**Task details**
From the line containing "parse_iff value p" through the final line of the records, reproduce every line exactly.

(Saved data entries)
-- ===== src/Hub/Auth/Permission.antt =====
-- src/hub/auth.rs: what a key may do, and the authenticated caller.
use sentinalysis.Base.{
  Bool, List, Option, Option-cases, Text, [], any, arith, codes, false, if◌then◌else◌, inl, inr,
  none, refl, some, text_eq, text_eq_iff, true, ◌++◌, ◌↔◌, ◌∷◌, ◌≡◌,
}
use sentinalysis.Base.Dict.{mem_text}

pub data Permission : Type 0 where
  ingest_metrics ingest_logs ingest_events read_dashboard : Permission

unfoldable pub as_str : Permission → Text
as_str ingest_metrics = codes "ingest:metrics"
as_str ingest_logs = codes "ingest:logs"
as_str ingest_events = codes "ingest:events"
as_str read_dashboard = codes "read:dashboard"

unfoldable pub parse : Text → Option Permission
parse value =
    if text_eq value (codes "ingest:metrics")
    then some ingest_metrics
    else if text_eq value (codes "ingest:logs")
    then some ingest_logs
    else if text_eq value (codes "ingest:events")
    then some ingest_events
    else if text_eq value (codes "read:dashboard")
    then some read_dashboard
    else none

abbrev pub permission_eq : Permission → Permission → Bool
permission_eq ingest_metrics ingest_metrics = true
permission_eq ingest_logs ingest_logs = true
permission_eq ingest_events ingest_events = true
permission_eq read_dashboard read_dashboard = true
permission_eq _ _ = false

-- The set of permissions is a list in which only membership is read.
pub record Principal : Type 0 where
  pub key_id : Text
  pub permissions : List Permission
  pub agent_id : Option Text
  pub hostname : Option Text
  pub app_name : Option Text

abbrev pub holds : Principal → Permission → Bool
holds p permission = any (permission_eq permission) p.permissions

-- `require`: `none` for `Ok(())`, or the message of the error.
unfoldable pub require : Principal → Permission → Option Text
require p permission =
    if holds p permission
    then none
    else some (codes "key lacks required permission '" ++ (as_str permission ++ codes "'"))

-- The columns of an `api_keys` row that authentication reads (src/db/repositories/api_key_repo.rs).
pub record ApiKeyRow : Type 0 where
  pub hash : Text
  pub permissions : List Text
  pub key_id : Text
  pub agent_id : Option Text
  pub hostname : Option Text
  pub app_name : Option Text

pub parse_all : List Text → List Permission
parse_all [] = []
parse_all (p ∷ ps) = elim (parse p) [ none ↦ parse_all ps | some q ↦ q ∷ parse_all ps ]

unfoldable pub principal_from_row : ApiKeyRow → Principal
unfolding parse_all
principal_from_row row = record {
  key_id = row.key_id;
  permissions = parse_all row.permissions;
  agent_id = row.agent_id;
  hostname = row.hostname;
  app_name = row.app_name;
}

parse-as_str : (p : Permission) → parse (as_str p) ≡ some p
unfolding parse as_str text_eq
parse-as_str ingest_metrics = refl
parse-as_str ingest_logs = refl
parse-as_str ingest_events = refl
parse-as_str read_dashboard = refl

as_str_of_parse : (value : Text) (p : Permission) → parse value ≡ some p → value ≡ as_str p
unfolding parse as_str
as_str_of_parse value ingest_metrics h = ground (
  arith,
  text_eq_iff value (codes "ingest:metrics"),
  text_eq_iff value (codes "ingest:logs"),
  text_eq_iff value (codes "ingest:events"),
  text_eq_iff value (codes "read:dashboard"),
)
as_str_of_parse value p h = ground (
  arith,
  text_eq_iff value (codes "ingest:metrics"),
  text_eq_iff value (codes "ingest:logs"),
  text_eq_iff value (codes "ingest:events"),
  text_eq_iff value (codes "read:dashboard"),
)

-- A text parses to a permission exactly if it is that permission's name.
pub parse_iff : (value : Text) (p : Permission) → (parse value ≡ some p) ↔ (value ≡ as_str p)
parse_iff value p = (as_str_of_parse value p, λ e. rw e (parse-as_str p))

permission_eq_iff : (p q : Permission) → (permission_eq p q ≡ true) ↔ (q ≡ p)
permission_eq_iff ingest_metrics q = ground arith
permission_eq_iff ingest_logs q = ground arith
permission_eq_iff ingest_events q = ground arith
permission_eq_iff read_dashboard q = ground arith

-- One listed name contributes its permission, and a name that is not known contributes none.
any-parse_all :
    (p : Permission) (names : List Text)
    → any (permission_eq p) (parse_all names) ≡ mem_text (as_str p) names
unfolding parse_all mem_text
any-parse_all p [] = refl
any-parse_all p (x ∷ xs) = elim (Option-cases (parse x)) [
  | inl unknown ↦
      rw (unknown, parse_all)
        (ground (arith, any-parse_all p xs, text_eq_iff x (as_str p), (parse_iff x p).1))
  | inr (r, known) ↦
      rw (known, parse_all)
        (ground (
          arith,
          any-parse_all p xs,
          text_eq_iff x (as_str p),
          permission_eq_iff p r,
          (parse_iff x p).1,
          (parse_iff x r).0 known,
        ))
]

-- A principal made from a row holds exactly the permissions whose names the row lists.
pub holds-principal_from_row :
    (row : ApiKeyRow) (p : Permission)
    → holds (principal_from_row row) p ≡ mem_text (as_str p) row.permissions
unfolding principal_from_row
holds-principal_from_row row p = any-parse_all p row.permissions

-- `require` on the principal of a row succeeds exactly if the row lists the permission's name.
pub require-principal_from_row :
    (row : ApiKeyRow) (p : Permission)
    → (require (principal_from_row row) p ≡ none) ↔ (mem_text (as_str p) row.permissions ≡ true)
unfolding require
require-principal_from_row row p = ground (arith, holds-principal_from_row row p)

**Written response**
parse_iff value p = (as_str_of_parse value p, λ e. rw e (parse-as_str p))

permission_eq_iff : (p q : Permission) → (permission_eq p q ≡ true) ↔ (q ≡ p)
permission_eq_iff ingest_metrics q = ground arith
permission_eq_iff ingest_logs q = ground arith
permission_eq_iff ingest_events q = ground arith
permission_eq_iff read_dashboard q = ground arith

-- One listed name contributes its permission, and a name that is not known contributes none.
any-parse_all :
    (p : Permission) (names : List Text)
    → any (permission_eq p) (parse_all names) ≡ mem_text (as_str p) names
unfolding parse_all mem_text
any-parse_all p [] = refl
any-parse_all p (x ∷ xs) = elim (Option-cases (parse x)) [
  | inl unknown ↦
      rw (unknown, parse_all)
        (ground (arith, any-parse_all p xs, text_eq_iff x (as_str p), (parse_iff x p).1))
  | inr (r, known) ↦
      rw (known, parse_all)
        (ground (
          arith,
          any-parse_all p xs,
          text_eq_iff x (as_str p),
          permission_eq_iff p r,
          (parse_iff x p).1,
          (parse_iff x r).0 known,
        ))
]

-- A principal made from a row holds exactly the permissions whose names the row lists.
pub holds-principal_from_row :
    (row : ApiKeyRow) (p : Permission)
    → holds (principal_from_row row) p ≡ mem_text (as_str p) row.permissions
unfolding principal_from_row
holds-principal_from_row row p = any-parse_all p row.permissions

-- `require` on the principal of a row succeeds exactly if the row lists the permission's name.
pub require-principal_from_row :
    (row : ApiKeyRow) (p : Permission)
    → (require (principal_from_row row) p ≡ none) ↔ (mem_text (as_str p) row.permissions ≡ true)
unfolding require
require-principal_from_row row p = ground (arith, holds-principal_from_row row p)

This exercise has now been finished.